On remarquera également, tant que nous sommes là, que raconter cette histoire par les yeux d’un enfant au milieu des années 30 (post grande dépression, dust bowl tout ça tout ça) donne une tonalité singulière à l’ensemble. Cette temporalité n’est pas due au hasard, elle ancre d’autant plus le propos dans une forme de réalisme et dans le même temps sa forme lui donne un caractère intemporel.

Parce qu’une suite de moments drôles ne suffirait pas à faire un roman, il y a une intrigue qui se met en place. Le plus intéressant c’est que le rythme ne prend pas la forme régulière d’un doudou ronron de prétexte, un cadre serein pour accueillir les rires. Au départ la ferme et la situation donnent cette impression, on a un cadre, les personnages y sont présentés et nous allons suivre quelques moments rocambolesque. Seulement si cet état de fait culmine avec la mystification des bocaux d’alcool, avec arrestation, photos, paris, foule en délire dans un maelström assez cartoonesque. Williams met ensuite les bouchés doubles pour proposer toujours plus, un toujours gargantuesque qui résonne comme une critique d’une amérique de stupre et d’argent, un bordel (c’est le cas de le dire) organisé des plus jouissifs.
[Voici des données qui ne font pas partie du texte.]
-- ===== src/Commitments/Merkle.antt =====
-- cpp/include/faircross/commitments/merkle.hpp and cpp/src/commitments/merkle.cpp: Merkle trees and
-- inclusion proofs.
pub mod Inclusion
pub mod Binding
use fair_cross.Prelude.{
  ℕ, zero, suc, ◌+◌, ◌-◌, ◌/◌, ◌%◌, Bool, true, false, ◌&&◌, ltb, leb, ◌==◌, if◌then◌else◌, List,
  [], ◌∷◌, Option, none, some, length, get_or, last_or,
}
use fair_cross.Commitments.Sha256.{Commitment, combine_nodes, empty_node}

pub data StepSide : Type 0 where
  left right : StepSide

pub record MerkleStep : Type 0 where
  pub side : StepSide
  pub sibling : Commitment

pub record MerkleProof : Type 0 where
  pub leaf_index : ℕ
  pub path : List MerkleStep

-- One round of the loop of `verify`.
unfoldable pub joined : StepSide → Commitment → Commitment → Commitment
joined left sibling current = combine_nodes sibling current
joined right sibling current = combine_nodes current sibling

unfoldable pub climbed : List MerkleStep → Commitment → Commitment
unfolding joined
climbed [] current = current
climbed (step ∷ path) current = climbed path (joined step.side step.sibling current)

-- `==` of two arrays.
unfoldable pub same_bytes : Commitment → Commitment → Bool
same_bytes [] [] = true
same_bytes [] (y ∷ ys) = false
same_bytes (x ∷ xs) [] = false
same_bytes (x ∷ xs) (y ∷ ys) = x == y && same_bytes xs ys

unfoldable pub verify : MerkleProof → Commitment → Commitment → Bool
unfolding climbed same_bytes
verify proof expected_root leaf = same_bytes (climbed proof.path leaf) expected_root

pub record MerkleTree : Type 0 where
  pub leaves : List Commitment
  pub layers : List (List Commitment)

unfoldable pub next_layer : List Commitment → List Commitment
next_layer [] = []
next_layer (x ∷ []) = combine_nodes x empty_node ∷ []
next_layer (x ∷ y ∷ layer) = combine_nodes x y ∷ next_layer layer

-- The layers above a layer, one for each round of the loop. A round shortens a layer, so that as
-- many rounds as it has nodes are enough.
unfoldable pub layers_above : ℕ → List Commitment → List (List Commitment)
unfolding next_layer
layers_above zero current_layer = []
layers_above (suc fuel) current_layer =
    let above = layers_above fuel (next_layer current_layer) in
    if ltb 1 (length current_layer) then next_layer current_layer ∷ above else []

-- The constructor.
unfoldable pub new_tree : List Commitment → MerkleTree
unfolding layers_above
new_tree [] = record { leaves = []; layers = [] }
new_tree (leaf ∷ leaves) = record {
  leaves = leaf ∷ leaves;
  layers = (leaf ∷ leaves) ∷ layers_above (length (leaf ∷ leaves)) (leaf ∷ leaves);
}

-- `layers_.back()[0]`, where there are leaves.
unfoldable pub root : MerkleTree → Commitment
root tree = if length tree.leaves == 0 then empty_node else get_or (last_or tree.layers []) 0 []

unfoldable pub step_at : List Commitment → ℕ → MerkleStep
step_at layer idx =
    if idx % 2 == 1 then record { side = left; sibling = get_or layer (idx - 1) [] } else record {
      side = right;
      sibling = if ltb (idx + 1) (length layer) then get_or layer (idx + 1) [] else empty_node;
    }

-- The loop of `generate_proof`, over all layers but the last.
unfoldable pub path_from : List (List Commitment) → ℕ → List MerkleStep
unfolding step_at
path_from [] idx = []
path_from (layer ∷ []) idx = []
path_from (layer ∷ above ∷ layers) idx = step_at layer idx ∷ path_from (above ∷ layers) (idx / 2)

unfoldable pub generate_proof : MerkleTree → ℕ → Option MerkleProof
unfolding path_from
generate_proof tree leaf_index =
    if leb (length tree.leaves) leaf_index
    then none
    else some (record { leaf_index = leaf_index; path = path_from tree.layers leaf_index })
Roman increvable (on le retrouve même dans une collection junior et j’admets que je ne sais pas ce que pourrait donner sa lecture vers l’âge de dix ans), ébouriffant de maîtrise, il parvient à captiver le lecteur en sachant doser ses effets et en présenter des personnages haut en couleurs et un point de vue original… et puis, qu’est-ce qu’on s’marre.